■ GIVEN INFORMATION ■
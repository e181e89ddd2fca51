-- ===== src/Ledger/Verify.antt =====
-- config/boot_verification_suite.py: the recalculation of the hash chain of the audit ledgers, which
-- decides whether the boot goes on.
use univac.Base.{
  ℕ, ◌+◌, Bool, true, false, not, ◌&&◌, ◌||◌, Option, none, some, List, [], ◌∷◌, ◌++◌, get_elem?,
  take, ltb, ◌==◌, is_empty, if◌then◌else◌,
}
use univac.Text.{Text, codes, join, equal, starts_with, ends_with}
use univac.Ledger.{Row, genesis_hash}

-- What is reported of one file; the number is that of the row, from 1.
pub data Verdict : Type 0 where
  secure unprotected_schema file_access_exception : Verdict
  tamper_detected : ℕ → Verdict

-- `headers.index(name)`; none is ValueError.
unfoldable pub index_of : Text → Row → Option ℕ
index_of name [] = none
index_of name (h ∷ rest) =
    if equal h name
    then some 0
    else elim (index_of name rest) [ none ↦ none | some i ↦ some (i + 1) ]

module _ (sha256 : Text → Text) where
  -- hashlib.sha256(f"{metrics_body},{tracking_prev_hash}")
  unfoldable pub recalculated_hash : ℕ → Text → Row → Text
  recalculated_hash sha_idx tracking_prev_hash row =
      sha256 (join b',' (take sha_idx row) ++ (b',' ∷ tracking_prev_hash))

  -- The test of a row that has both hash cells, and the rest of the loop.
  unfoldable pub check_row : Option Text → Option Text → Text → Text → ℕ → Verdict → Verdict
  check_row (some recorded_hash) (some recorded_prev) recalculated tracking_prev_hash row_idx rest =
      if not (equal recorded_hash recalculated) || not (equal recorded_prev tracking_prev_hash)
      then tamper_detected (row_idx + 1)
      else rest
  check_row _ _ recalculated tracking_prev_hash row_idx rest = file_access_exception

  abbrev cell_or_nil : Option Text → Text
  cell_or_nil none = []
  cell_or_nil (some t) = t

  -- `for row_idx, row in enumerate(reader)`; an empty row is skipped and counted.
  unfoldable pub verify_rows : ℕ → ℕ → Text → ℕ → List Row → Verdict
  unfolding check_row recalculated_hash
  verify_rows sha_idx prev_sha_idx tracking_prev_hash row_idx [] = secure
  verify_rows sha_idx prev_sha_idx tracking_prev_hash row_idx (row ∷ rows) =
      let next_hash =
        if is_empty row then tracking_prev_hash else cell_or_nil (get_elem? row sha_idx) in
      let rest = verify_rows sha_idx prev_sha_idx next_hash (row_idx + 1) rows in
      if is_empty row
      then rest
      else check_row (get_elem? row sha_idx) (get_elem? row prev_sha_idx)
          (recalculated_hash sha_idx tracking_prev_hash row) tracking_prev_hash row_idx rest

  -- The columns are located by their headers.
  unfoldable pub verify_columns : Option ℕ → Option ℕ → List Row → Verdict
  verify_columns (some sha_idx) (some prev_sha_idx) rows =
      verify_rows sha_idx prev_sha_idx genesis_hash 0 rows
  verify_columns _ _ rows = unprotected_schema

  -- One file; a file with no header row ends the reader and is reported as unreadable.
  unfoldable pub verify_file : List Row → Verdict
  unfolding verify_columns
  verify_file [] = file_access_exception
  verify_file (headers ∷ rows) =
      verify_columns (index_of (codes "current_row_sha256") headers)
        (index_of (codes "previous_row_sha256") headers) rows

-- A file of the log directory; none is a file that cannot be read.
pub record LogFile : Type 0 where
  pub name : Text
  pub content : Option (List Row)

-- `s < t` on texts.
unfoldable pub text_lt : Text → Text → Bool
text_lt s [] = false
text_lt [] (y ∷ t) = true
text_lt (x ∷ s) (y ∷ t) = ltb x y || x == y && text_lt s t

-- `f.startswith(ledger_prefix) and f.endswith('.csv')`
unfoldable pub is_ledger_file : Text → LogFile → Bool
is_ledger_file ledger_prefix f = starts_with f.name ledger_prefix && ends_with f.name (codes ".csv")

abbrev later : Option LogFile → LogFile → Option LogFile
later none f = some f
later (some g) f = if text_lt f.name g.name then some g else some f

-- `sorted([...])[-1]` of the matching files.
unfoldable pub latest_file : Text → List LogFile → Option LogFile
unfolding is_ledger_file text_lt
latest_file ledger_prefix [] = none
latest_file ledger_prefix (f ∷ files) =
    let rest = latest_file ledger_prefix files in
    if is_ledger_file ledger_prefix f then later rest f else rest

unfoldable pub compliance_ledgers : List Text
compliance_ledgers =
    codes "flag_halyard_audit"
    ∷ codes "marpol_bilge_audit"
    ∷ codes "mission_telemetry"
    ∷ codes "shore_facility_audit"
    ∷ []

pub record FaultReport : Type 0 where
  pub file_name : Text
  pub verdict : Verdict

-- No report is made of a secure file.
abbrev pub report_of : Text → Verdict → List FaultReport
report_of name secure = []
report_of name v = record { file_name = name; verdict = v } ∷ []

module _ (sha256 : Text → Text) where
  abbrev content_verdict : Option (List Row) → Verdict
  content_verdict none = file_access_exception
  content_verdict (some rows) = verify_file sha256 rows

  abbrev pub audit_file : Option LogFile → List FaultReport
  audit_file none = []
  audit_file (some f) = report_of f.name (content_verdict f.content)

  unfoldable pub audit_ledgers : List Text → List LogFile → List FaultReport
  audit_ledgers [] files = []
  audit_ledgers (prefix ∷ prefixes) files =
      audit_file (latest_file prefix files) ++ audit_ledgers prefixes files

  -- `verify_cryptographic_ledger_integrity`; none is a log directory that does not exist.
  unfoldable pub verify_cryptographic_ledger_integrity :
      Option (List LogFile) → Bool × List FaultReport
  verify_cryptographic_ledger_integrity none = (true, [])
  verify_cryptographic_ledger_integrity (some files) =
      let fault_reports = audit_ledgers compliance_ledgers files in
      (is_empty fault_reports, fault_reports)

  -- `execute_full_suite`
  unfoldable pub execute_full_suite : Option (List LogFile) → Bool
  unfolding verify_cryptographic_ledger_integrity
  execute_full_suite directory = (verify_cryptographic_ledger_integrity directory).0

■ REQUIRED WORK ■
All of the data above needs to be written out exactly.

■ WRITTEN RESPONSE ■
repository e181e89ddd2fca51
-- ===== src/Ledger/Verify.antt =====
-- config/boot_verification_suite.py: the recalculation of the hash chain of the audit ledgers, which
-- decides whether the boot goes on.
use univac.Base.{
  ℕ, ◌+◌, Bool, true, false, not, ◌&&◌, ◌||◌, Option, none, some, List, [], ◌∷◌, ◌++◌, get_elem?,
  take, ltb, ◌==◌, is_empty, if◌then◌else◌,
}
use univac.Text.{Text, codes, join, equal, starts_with, ends_with}
use univac.Ledger.{Row, genesis_hash}

-- What is reported of one file; the number is that of the row, from 1.
pub data Verdict : Type 0 where
  secure unprotected_schema file_access_exception : Verdict
  tamper_detected : ℕ → Verdict

-- `headers.index(name)`; none is ValueError.
unfoldable pub index_of : Text → Row → Option ℕ
index_of name [] = none
index_of name (h ∷ rest) =
    if equal h name
    then some 0
    else elim (index_of name rest) [ none ↦ none | some i ↦ some (i + 1) ]

module _ (sha256 : Text → Text) where
  -- hashlib.sha256(f"{metrics_body},{tracking_prev_hash}")
  unfoldable pub recalculated_hash : ℕ → Text → Row → Text
  recalculated_hash sha_idx tracking_prev_hash row =
      sha256 (join b',' (take sha_idx row) ++ (b',' ∷ tracking_prev_hash))

  -- The test of a row that has both hash cells, and the rest of the loop.
  unfoldable pub check_row : Option Text → Option Text → Text → Text → ℕ → Verdict → Verdict
  check_row (some recorded_hash) (some recorded_prev) recalculated tracking_prev_hash row_idx rest =
      if not (equal recorded_hash recalculated) || not (equal recorded_prev tracking_prev_hash)
      then tamper_detected (row_idx + 1)
      else rest
  check_row _ _ recalculated tracking_prev_hash row_idx rest = file_access_exception

  abbrev cell_or_nil : Option Text → Text
  cell_or_nil none = []
  cell_or_nil (some t) = t

  -- `for row_idx, row in enumerate(reader)`; an empty row is skipped and counted.
  unfoldable pub verify_rows : ℕ → ℕ → Text → ℕ → List Row → Verdict
  unfolding check_row recalculated_hash
  verify_rows sha_idx prev_sha_idx tracking_prev_hash row_idx [] = secure
  verify_rows sha_idx prev_sha_idx tracking_prev_hash row_idx (row ∷ rows) =
      let next_hash =
        if is_empty row then tracking_prev_hash else cell_or_nil (get_elem? row sha_idx) in
      let rest = verify_rows sha_idx prev_sha_idx next_hash (row_idx + 1) rows in
      if is_empty row
      then rest
      else check_row (get_elem? row sha_idx) (get_elem? row prev_sha_idx)
          (recalculated_hash sha_idx tracking_prev_hash row) tracking_prev_hash row_idx rest

  -- The columns are located by their headers.
  unfoldable pub verify_columns : Option ℕ → Option ℕ → List Row → Verdict
  verify_columns (some sha_idx) (some prev_sha_idx) rows =
      verify_rows sha_idx prev_sha_idx genesis_hash 0 rows
  verify_columns _ _ rows = unprotected_schema

  -- One file; a file with no header row ends the reader and is reported as unreadable.
  unfoldable pub verify_file : List Row → Verdict
  unfolding verify_columns
  verify_file [] = file_access_exception
  verify_file (headers ∷ rows) =
      verify_columns (index_of (codes "current_row_sha256") headers)
        (index_of (codes "previous_row_sha256") headers) rows

-- A file of the log directory; none is a file that cannot be read.
pub record LogFile : Type 0 where
  pub name : Text
  pub content : Option (List Row)

-- `s < t` on texts.
unfoldable pub text_lt : Text → Text → Bool
text_lt s [] = false
text_lt [] (y ∷ t) = true
text_lt (x ∷ s) (y ∷ t) = ltb x y || x == y && text_lt s t

-- `f.startswith(ledger_prefix) and f.endswith('.csv')`
unfoldable pub is_ledger_file : Text → LogFile → Bool
is_ledger_file ledger_prefix f = starts_with f.name ledger_prefix && ends_with f.name (codes ".csv")

abbrev later : Option LogFile → LogFile → Option LogFile
later none f = some f
later (some g) f = if text_lt f.name g.name then some g else some f

-- `sorted([...])[-1]` of the matching files.
unfoldable pub latest_file : Text → List LogFile → Option LogFile
unfolding is_ledger_file text_lt
latest_file ledger_prefix [] = none
latest_file ledger_prefix (f ∷ files) =
    let rest = latest_file ledger_prefix files in
    if is_ledger_file ledger_prefix f then later rest f else rest

unfoldable pub compliance_ledgers : List Text
compliance_ledgers =
    codes "flag_halyard_audit"
    ∷ codes "marpol_bilge_audit"
    ∷ codes "mission_telemetry"
    ∷ codes "shore_facility_audit"
    ∷ []

pub record FaultReport : Type 0 where
  pub file_name : Text
  pub verdict : Verdict

-- No report is made of a secure file.
abbrev pub report_of : Text → Verdict → List FaultReport
report_of name secure = []
report_of name v = record { file_name = name; verdict = v } ∷ []

module _ (sha256 : Text → Text) where
  abbrev content_verdict : Option (List Row) → Verdict
  content_verdict none = file_access_exception
  content_verdict (some rows) = verify_file sha256 rows

  abbrev pub audit_file : Option LogFile → List FaultReport
  audit_file none = []
  audit_file (some f) = report_of f.name (content_verdict f.content)

  unfoldable pub audit_ledgers : List Text → List LogFile → List FaultReport
  audit_ledgers [] files = []
  audit_ledgers (prefix ∷ prefixes) files =
      audit_file (latest_file prefix files) ++ audit_ledgers prefixes files

  -- `verify_cryptographic_ledger_integrity`; none is a log directory that does not exist.
  unfoldable pub verify_cryptographic_ledger_integrity :
      Option (List LogFile) → Bool × List FaultReport
  verify_cryptographic_ledger_integrity none = (true, [])
  verify_cryptographic_ledger_integrity (some files) =
      let fault_reports = audit_ledgers compliance_ledgers files in
      (is_empty fault_reports, fault_reports)

  -- `execute_full_suite`
  unfoldable pub execute_full_suite : Option (List LogFile) → Bool
  unfolding verify_cryptographic_ledger_integrity
  execute_full_suite directory = (verify_cryptographic_ledger_integrity directory).0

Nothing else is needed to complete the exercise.